Collected data

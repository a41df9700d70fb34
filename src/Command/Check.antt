-- ===== src/Command/Check.antt =====
-- companion/internal/cmdrule/cmdrule.go: the three tiers, and Check, which walks them.
use Prim.Native.String.{String}
use fylane.Common.{List, [], ◌∷◌, if◌then◌else◌, ◌==◌, Option, none, some}
use fylane.Common.Text.{text_eq}
use fylane.Command.Line.{Request, Cmdline, parse}
use fylane.Command.Rules.{
  Rule, escalates, names_a_shell, builds_command_lines, writes_devices, git_internals, deletes_root,
  deletes_outside, reads_credentials, touches_outside, reads_machine_state, recursive_delete,
  discards_work, rewrites_history, leaves_machine, widens_permissions, changes_machine, runs_nested,
}

pub data Verdict : Type 0 where
  allow confirm disclose block : Verdict

pub record Decision : Type 0 where
  pub verdict : Verdict
  pub rule : String
  pub reason : String

abbrev pub block_rules : List Rule
block_rules =
    record {
      id = "privilege-escalation";
      reason = "runs the command as another user, outside anything the workspace can bound";
      match = escalates;
    }
    ∷ record {
      id = "shell-in-arguments";
      reason =
          "an argument names a shell interpreter, which would bring back the shell grammar the engine refuses";
      match = names_a_shell;
    }
    ∷ record {
      id = "builds-command-lines";
      reason = "constructs and runs command lines of its own, which this table cannot inspect";
      match = builds_command_lines;
    }
    ∷ record {
      id = "raw-device-access";
      reason = "writes to disks or devices rather than to files";
      match = writes_devices;
    }
    ∷ record {
      id = "git-internals";
      reason = "modifies git's own object store, which corrupts history rather than changing it";
      match = git_internals;
    }
    ∷ record {
      id = "delete-workspace-root";
      reason = "deletes the workspace itself";
      match = deletes_root;
    }
    ∷ record {
      id = "delete-outside-workspace";
      reason = "deletes a path outside the workspace";
      match = deletes_outside;
    }
    ∷ []

abbrev pub disclose_rules : List Rule
disclose_rules =
    record {
      id = "reads-credential-store";
      reason =
          "reads where this machine keeps its secrets — environment variables and the keychain are the store itself, not a report about the machine";
      match = reads_credentials;
    }
    ∷ record {
      id = "touches-outside-workspace";
      reason = "names a path outside the workspace, which is the boundary the caller was given";
      match = touches_outside;
    }
    ∷ []

abbrev pub confirm_rules : List Rule
confirm_rules =
    record {
      id = "reads-machine-state";
      reason =
          "reports the state of this whole machine rather than of the workspace, and command lines routinely carry credentials";
      match = reads_machine_state;
    }
    ∷ record {
      id = "recursive-delete";
      reason = "removes a directory and everything under it";
      match = recursive_delete;
    }
    ∷ record {
      id = "discards-uncommitted-work";
      reason = "throws away uncommitted changes, which no backup in this tool can restore";
      match = discards_work;
    }
    ∷ record {
      id = "rewrites-published-history";
      reason = "force-pushes, which overwrites history other people may already have";
      match = rewrites_history;
    }
    ∷ record {
      id = "leaves-this-machine";
      reason = "sends code or artifacts to a remote, which cannot be undone locally";
      match = leaves_machine;
    }
    ∷ record {
      id = "widens-permissions";
      reason = "changes file permissions or ownership";
      match = widens_permissions;
    }
    ∷ record {
      id = "changes-the-machine";
      reason =
          "installs software, or schedules work that outlives this session, outside this workspace";
      match = changes_machine;
    }
    ∷ record {
      id = "runs-a-nested-command";
      reason = "runs another command per match, which this table judges only as a whole";
      match = runs_nested;
    }
    ∷ []

-- The inner loop: the first rule of a tier that matches.
unfoldable pub first_match : Verdict → Cmdline → List Rule → Option Decision
first_match v c [] = none
first_match v c (r ∷ rules) =
    if r.match c
    then some (record { verdict = v; rule = r.id; reason = r.reason })
    else first_match v c rules

abbrev pub or_else : Option Decision → Decision → Decision
or_else none d = d
or_else (some d) _ = d

abbrev pub allowed : Decision
allowed = record { verdict = allow; rule = ""; reason = "" }

-- The tiers in descending severity, over a parsed argv.
unfoldable pub judge : Cmdline → Decision
unfolding first_match
judge c = or_else (first_match block c block_rules) (
    or_else (first_match disclose c disclose_rules)
      (or_else (first_match confirm c confirm_rules) allowed))

unfoldable pub check : Request → Decision
unfolding judge parse
check req = let c = parse req in if c.prog == [] then allowed else judge c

Work task: How many lines of the data contain the word "Type"? Answer with the number alone.

Response: 2